The U.S. Census Bureau provides three types of data relevant to studying the second generation: the decennial census, the American Community Survey (ACS), and the Current Population Survey (CPS).

The decennial census, last conducted in 2000, aimed to reach every person in the United States, regardless of their status. The 2000 census asked respondents for their country of birth but did not ask for their parents' country of birth. As a result, the 2000 census did not identify the number of adults born in the United States who have one or more foreign-born parents. Therefore, the 2000 census can only tell researchers about second-generation members who still live with their parents; the majority of this population is under age 18.

On a positive note, the 2000 census provides detailed information about the children's parents. The education level and income of parents, for instance, can help researchers understand trends among the youngest members of the second generation.

Meant to provide up-to-date statistical "snapshots" of communities between decennial census years, ACS was fully rolled out in 2005 and will be conducted each year through 2010 and beyond. ACS, which is sent to 250,000 addresses per month, does not have as broad a sample size as the decennial census but will have collected enough information by the summer of 2010 to report data on individual census tracts, the smallest geographic unit.

Like the decennial census, ACS also does not ask for parents' country of birth and thus can only be used to gather information about children of immigrants who live with their parents.

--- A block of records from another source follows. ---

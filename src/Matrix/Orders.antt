-- ===== src/Matrix/Orders.antt =====
-- The orders of loops by which the products are computed, as one cell sees them: each reaches the same
-- sum over the inner index.
use dsalib.Core.{ℕ, ◌+◌, ◌-◌, ◌<◌, ◌≡◌, ap, ◌∙◌, arith, if◌then◌else◌, ◌==◌, leb, ltb, ◌&&◌, ℤ}
use Prim.Native.Nat.{min}
use dsalib.Matrix.{Matrix}
use dsalib.Matrix.Loops.{for}
use dsalib.Matrix.Loops.{for_by-if, for_by-tiles, for_by-tile_only, for-at, for-at_in, for-ext}
use dsalib.Matrix.Product.{term, added}

-- The loops as one cell sees them.
module _ (a b : Matrix) (i' j' : ℕ) where
  abbrev within : ℕ → ℕ → ℕ → ℤ → ℤ → ℤ
  within from to y u v = if leb from y && ltb y to then u else v

  abbrev total : ℕ → ℕ → ℤ → ℤ
  total from to = for from to 1 (term a b i' j')

  -- A loop over columns inside.
  columns :
      (from to i k : ℕ) (v : ℤ)
      → for from to 1 (λ j. added a b i' j' i j k) v
        ≡ (if i == i' then within from to j' (term a b i' j' k v) v else v)
  columns from to i k v =
      for_by-if (to - from) from to 1 (i == i') (λ j t. if j == j' then term a b i' j' k t else t) v
      ∙ ap (λ (u : ℤ). if i == i' then u else v) (for-at from to j' (term a b i' j' k) v)

  columns_all :
      (cols i k : ℕ) (v : ℤ)
      → j' < cols
      → for 0 cols 1 (λ j. added a b i' j' i j k) v ≡ (if i == i' then term a b i' j' k v else v)
  columns_all cols i k v q =
      for_by-if (cols - 0) 0 cols 1 (i == i') (λ j t. if j == j' then term a b i' j' k t else t) v
      ∙ ap (λ (u : ℤ). if i == i' then u else v) (for-at_in cols j' (term a b i' j' k) v q)

  -- A loop over the inner index inside.
  terms :
      (from to i j : ℕ) (v : ℤ)
      → for from to 1 (λ k. added a b i' j' i j k) v
        ≡ (if i == i' then (if j == j' then total from to v else v) else v)
  terms from to i j v =
      for_by-if (to - from) from to 1 (i == i') (λ k t. if j == j' then term a b i' j' k t else t) v
      ∙ ap (λ (u : ℤ). if i == i' then u else v)
          (for_by-if (to - from) from to 1 (j == j') (term a b i' j') v)

  -- Rows, columns, inner index.
  pub rows-columns-terms :
      (rows cols n : ℕ) (v : ℤ)
      → i' < rows
      → j' < cols
      → for 0 rows 1 (λ i. for 0 cols 1 (λ j. for 0 n 1 (λ k. added a b i' j' i j k))) v
        ≡ total 0 n v
  rows-columns-terms rows cols n v p q =
      for-ext 0 rows 1 (λ i. for 0 cols 1 (λ j. for 0 n 1 (λ k. added a b i' j' i j k)))
        (λ i t. if i == i' then total 0 n t else t) v
        (λ i t.
          for-ext 0 cols 1 (λ j. for 0 n 1 (λ k. added a b i' j' i j k))
            (λ j u. if i == i' then (if j == j' then total 0 n u else u) else u) t
            (λ j u. terms 0 n i j u)
          ∙ for_by-if (cols - 0) 0 cols 1 (i == i') (λ j u. if j == j' then total 0 n u else u) t
          ∙ ap (λ (u : ℤ). if i == i' then u else t) (for-at_in cols j' (total 0 n) t q))
      ∙ for-at_in rows i' (total 0 n) v p

  -- Rows, inner index, columns.
  pub rows-terms-columns :
      (rows cols n : ℕ) (v : ℤ)
      → i' < rows
      → j' < cols
      → for 0 rows 1 (λ i. for 0 n 1 (λ k. for 0 cols 1 (λ j. added a b i' j' i j k))) v
        ≡ total 0 n v
  rows-terms-columns rows cols n v p q =
      for-ext 0 rows 1 (λ i. for 0 n 1 (λ k. for 0 cols 1 (λ j. added a b i' j' i j k)))
        (λ i t. if i == i' then total 0 n t else t) v
        (λ i t.
          for-ext 0 n 1 (λ k. for 0 cols 1 (λ j. added a b i' j' i j k))
            (λ k u. if i == i' then term a b i' j' k u else u) t (λ k u. columns_all cols i k u q)
          ∙ for_by-if (n - 0) 0 n 1 (i == i') (term a b i' j') t)
      ∙ for-at_in rows i' (total 0 n) v p

  -- One tile does its part of the sum on the cells that it holds.
  abbrev tile : (i0 i1 j0 j1 k0 k1 : ℕ) → ℤ → ℤ
  tile i0 i1 j0 j1 k0 k1 v = within i0 i1 i' (within j0 j1 j' (total k0 k1 v) v) v

  tile_terms-rows-columns :
      (i0 i1 j0 j1 k0 k1 : ℕ) (v : ℤ)
      → for k0 k1 1 (λ k. for i0 i1 1 (λ i. for j0 j1 1 (λ j. added a b i' j' i j k))) v
        ≡ tile i0 i1 j0 j1 k0 k1 v
  tile_terms-rows-columns i0 i1 j0 j1 k0 k1 v =
      for-ext k0 k1 1 (λ k. for i0 i1 1 (λ i. for j0 j1 1 (λ j. added a b i' j' i j k)))
        (λ k t. within i0 i1 i' (within j0 j1 j' (term a b i' j' k t) t) t) v
        (λ k t.
          for-ext i0 i1 1 (λ i. for j0 j1 1 (λ j. added a b i' j' i j k))
            (λ i u. if i == i' then within j0 j1 j' (term a b i' j' k u) u else u) t
            (λ i u. columns j0 j1 i k u)
          ∙ for-at i0 i1 i' (λ u. within j0 j1 j' (term a b i' j' k u) u) t)
      ∙ for_by-if (k1 - k0) k0 k1 1 (leb i0 i' && ltb i' i1)
          (λ k t. within j0 j1 j' (term a b i' j' k t) t) v
      ∙ ap (λ (u : ℤ). within i0 i1 i' u v)
          (for_by-if (k1 - k0) k0 k1 1 (leb j0 j' && ltb j' j1) (term a b i' j') v)

  tile_rows-terms-columns :
      (i0 i1 j0 j1 k0 k1 : ℕ) (v : ℤ)
      → for i0 i1 1 (λ i. for k0 k1 1 (λ k. for j0 j1 1 (λ j. added a b i' j' i j k))) v
        ≡ tile i0 i1 j0 j1 k0 k1 v
  tile_rows-terms-columns i0 i1 j0 j1 k0 k1 v =
      for-ext i0 i1 1 (λ i. for k0 k1 1 (λ k. for j0 j1 1 (λ j. added a b i' j' i j k)))
        (λ i t. if i == i' then within j0 j1 j' (total k0 k1 t) t else t) v
        (λ i t.
          for-ext k0 k1 1 (λ k. for j0 j1 1 (λ j. added a b i' j' i j k))
            (λ k u. if i == i' then within j0 j1 j' (term a b i' j' k u) u else u) t
            (λ k u. columns j0 j1 i k u)
          ∙ for_by-if (k1 - k0) k0 k1 1 (i == i') (λ k u. within j0 j1 j' (term a b i' j' k u) u) t
          ∙ ap (λ (u : ℤ). if i == i' then u else t)
              (for_by-if (k1 - k0) k0 k1 1 (leb j0 j' && ltb j' j1) (term a b i' j') t))
      ∙ for-at i0 i1 i' (λ u. within j0 j1 j' (total k0 k1 u) u) v

  -- All tiles of a side `size`, in any order inside a tile that does the tile's part.
  pub tiles-total :
      (rows cols n size : ℕ) (body : (k0 i0 j0 : ℕ) → ℤ → ℤ) (v : ℤ)
      → 0 < size
      → i' < rows
      → j' < cols
      → ((k0 i0 j0 : ℕ) (t : ℤ)
          → body k0 i0 j0 t
            ≡ tile i0 (min (i0 + size) rows) j0 (min (j0 + size) cols) k0 (min (k0 + size) n) t)
      → for 0 n size (λ k0. for 0 rows size (λ i0. for 0 cols size (λ j0. body k0 i0 j0))) v
        ≡ total 0 n v
  tiles-total rows cols n size body v s p q h =
      for-ext 0 n size (λ k0. for 0 rows size (λ i0. for 0 cols size (λ j0. body k0 i0 j0)))
        (λ k0. total k0 (min (k0 + size) n)) v
        (λ k0 t.
          for-ext 0 rows size (λ i0. for 0 cols size (λ j0. body k0 i0 j0))
            (λ i0 u. within i0 (min (i0 + size) rows) i' (total k0 (min (k0 + size) n) u) u) t
            (λ i0 u.
              for-ext 0 cols size (body k0 i0)
                (λ j0.
                  tile i0 (min (i0 + size) rows) j0 (min (j0 + size) cols) k0 (min (k0 + size) n))
                u (λ j0 w. h k0 i0 j0 w)
              ∙ for_by-if (cols - 0) 0 cols size (leb i0 i' && ltb i' (min (i0 + size) rows))
                  (λ j0 w. within j0 (min (j0 + size) cols) j' (total k0 (min (k0 + size) n) w) w) u
              ∙ ap (λ (w : ℤ). within i0 (min (i0 + size) rows) i' w u)
                  (for_by-tile_only (cols - 0) 0 cols size j' (total k0 (min (k0 + size) n)) u s
                    (omega arith) q (omega arith)))
          ∙ for_by-tile_only (rows - 0) 0 rows size i' (total k0 (min (k0 + size) n)) t s
              (omega arith) p (omega arith))
      ∙ for_by-tiles (n - 0) 0 n size (term a b i' j') v s (omega arith)

  pub tiles-terms-rows-columns :
      (rows cols n size : ℕ) (v : ℤ)
      → 0 < size
      → i' < rows
      → j' < cols
      → for 0 n size
          (λ k0. for 0 rows size (λ i0. for 0 cols size (λ j0. for k0 (min (k0 + size) n) 1 (λ k.
            for i0
              (min (i0 + size) rows)
              1
              (λ i. for j0 (min (j0 + size) cols) 1 (λ j. added a b i' j' i j k))))))
          v
        ≡ total 0 n v
  tiles-terms-rows-columns rows cols n size v s p q =
      tiles-total rows cols n size
        (λ k0 i0 j0. for k0 (min (k0 + size) n) 1 (λ k.
          for i0 (min (i0 + size) rows) 1
            (λ i. for j0 (min (j0 + size) cols) 1 (λ j. added a b i' j' i j k))))
        v s p q
        (λ k0 i0 j0 t.
          tile_terms-rows-columns i0 (min (i0 + size) rows) j0 (min (j0 + size) cols) k0
            (min (k0 + size) n) t)

  pub tiles-rows-terms-columns :
      (rows cols n size : ℕ) (v : ℤ)
      → 0 < size
      → i' < rows
      → j' < cols
      → for 0 n size
          (λ k0. for 0 rows size (λ i0. for 0 cols size (λ j0. for i0 (min (i0 + size) rows) 1 (λ i.
            for k0
              (min (k0 + size) n)
              1
              (λ k. for j0 (min (j0 + size) cols) 1 (λ j. added a b i' j' i j k))))))
          v
        ≡ total 0 n v
  tiles-rows-terms-columns rows cols n size v s p q =
      tiles-total rows cols n size
        (λ k0 i0 j0. for i0 (min (i0 + size) rows) 1 (λ i.
          for k0 (min (k0 + size) n) 1
            (λ k. for j0 (min (j0 + size) cols) 1 (λ j. added a b i' j' i j k))))
        v s p q
        (λ k0 i0 j0 t.
          tile_rows-terms-columns i0 (min (i0 + size) rows) j0 (min (j0 + size) cols) k0
            (min (k0 + size) n) t)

The following information about the second generation is available from 2000 census and 2005 ACS data:

  • Where the children of immigrants and their parents live (state and certain levels of geography for 2000 census; areas with populations of 65,000 or more for 2005 ACS)
  • Ages of children and parents
  • Country of origin of children's parents
  • Year in which the parents arrived in the United States
  • Level of self-reported English ability of the children and their parents
  • Grade level of children
  • Parents' employment
  • Parents' occupation
  • Parents' education level
  • Parents' income level and whether they are above or below the federal poverty line

CPS, specifically the March supplement, does ask respondents about their parents' country of birth. This makes it possible for researchers to obtain information about members of the second generation of any age. However, second-generation adults who have established their own households cannot be "matched" with their immigrant parents, and thus nothing can be said about parents' characteristics.

It must also be noted that CPS surveys only 50,000 households per month — a far smaller sample than ACS. Consequently, data can only be analyzed at the national level for any given year. By combining CPS years together, the sample size can be increased and researchers can conduct analysis at the state or large metro area level. However, the sample size would still be too small to examine characteristics of, for example, second-generation Dominican adults in a particular suburb.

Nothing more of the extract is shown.